2. What additional supporting information will be shared?
   Response -  Study Protocol
   Response -  Statistical Analysis Plan
   Response - Informed Consent Form
   Response - Clinical Study Report
   Response -  Analytic Code
   
   
3. Who will be able to view these files?
   Response - Anyone
   


4. For what types of analyses will this data be available?
   Response - Any purpose.
   


5. By what mechanism will data be made available?
   Response (Others) -  thesis


6. For how long will this data be available start date provided 19-02-2025 and end date provided 19-03-2025?
   Response - Immediately following publication. No end date.
   


7. Any URL or additional information regarding plan/policy for sharing IPD? 
   Additional Information - NIL

·      Currently most of the babies with mild to moderate respiratory distress managed with oxygen therapy via nasal cannula. Previous studies demonstrated that just five minutes of respiration using ambient gas with no heating or humidification in ventilated infants resulted in a significant decrease in both pulmonary compliance and conductance. Cool, dry air induces a bronchoconstriction response, increases resistance of airway.High-flow nasal cannula systems are designed with proper gas conditioning such as inline warming and humidification systems of supplied gas.

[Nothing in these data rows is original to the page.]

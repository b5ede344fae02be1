-- ===== src/RelPath.antt =====
-- internal/relpath/relpath.go: paths relative to a base directory.
pub mod Contained
mod Tests
use baamhackl.Base.{Bool, true, false, not, ◌&&◌, Option, none, some, List, [], ◌∷◌, if◌then◌else◌}
use baamhackl.FilePaths.{FilePath, same_name, dot_dot, split, is_abs, clean, join, rel}

-- Resolved
pub record Resolved : Type 0 where
  pub path : FilePath
  pub base : FilePath
  pub relative : FilePath
  pub relative_elems : List FilePath

-- The loop of Contained: no element is "..".
unfoldable pub has_no_up : List FilePath → Bool
has_no_up [] = true
has_no_up (e ∷ es) = if same_name e dot_dot then false else has_no_up es

abbrev pub is_nonempty : List FilePath → Bool
is_nonempty [] = false
is_nonempty (e ∷ es) = true

-- Contained
unfoldable pub contained : Resolved → Bool
contained r = has_no_up r.relative_elems && is_nonempty r.relative_elems

-- Resolve; the error of filepath.Rel, and ErrInvalid, are none.
unfoldable pub resolve : FilePath → FilePath → Option Resolved
resolve base path =
    let cleaned = clean base in
    let full = if is_abs path then clean path else join (cleaned ∷ path ∷ []) in
    elim (rel cleaned full) [
      | none ↦ none
      | some relative ↦
          if is_nonempty (split relative)
          then some (record {
            path = full;
            base = cleaned;
            relative = relative;
            relative_elems = split relative;
          })
          else none
    ]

Over last 2 decades there is increasing acceptance of HFNC among neonatal health care provider for management of respiratory distress in neonates.For this study, all cases satisfying inclusion criteria admitted in KIMS, Bhubaneshwar from time period of march 2023-Feb2025 will be considered.   Written consent from parents will be obtained after explaining them regarding intervention done. Baseline demographic maternal and neonatal characteristics will  be noted.Subjects will be assigned into two arms of study by simple randomisation as per inclusion and exclusion criteria.Newborns randomized to HFNC will be started on a flow rate of 4L/min and FiO2 adjusted to maintain oxygen saturations between 91-95%. Once initiated, the measures will be titrated as needed by the attending neonatologist to ameliorate signs of respiratory distress to a maximum flow rate of 8L/min and FiO2 of 60%. The nasal cannula size (0.2 cm or 0.3 cm outer diameter) will determined by the caliber of the subject’s nares).The NC flow will be started either at 0.5-1lit/min (acc. To WHO guidelines). The maximum flow to be titrated upto 4 l/min to attain target saturations 91–95% according to our institutional protocol. The size of nasal cannula will be determined by the caliber of the subject’s nares.Study participants who fail to respond to the assigned respiratory modality to be upgraded to either CPAP or mechanical ventilation based on the severity of RD and neonatologist’s decision.Study subjects follwed up for time required on oxygen support.Statistical Analysis done using collected data.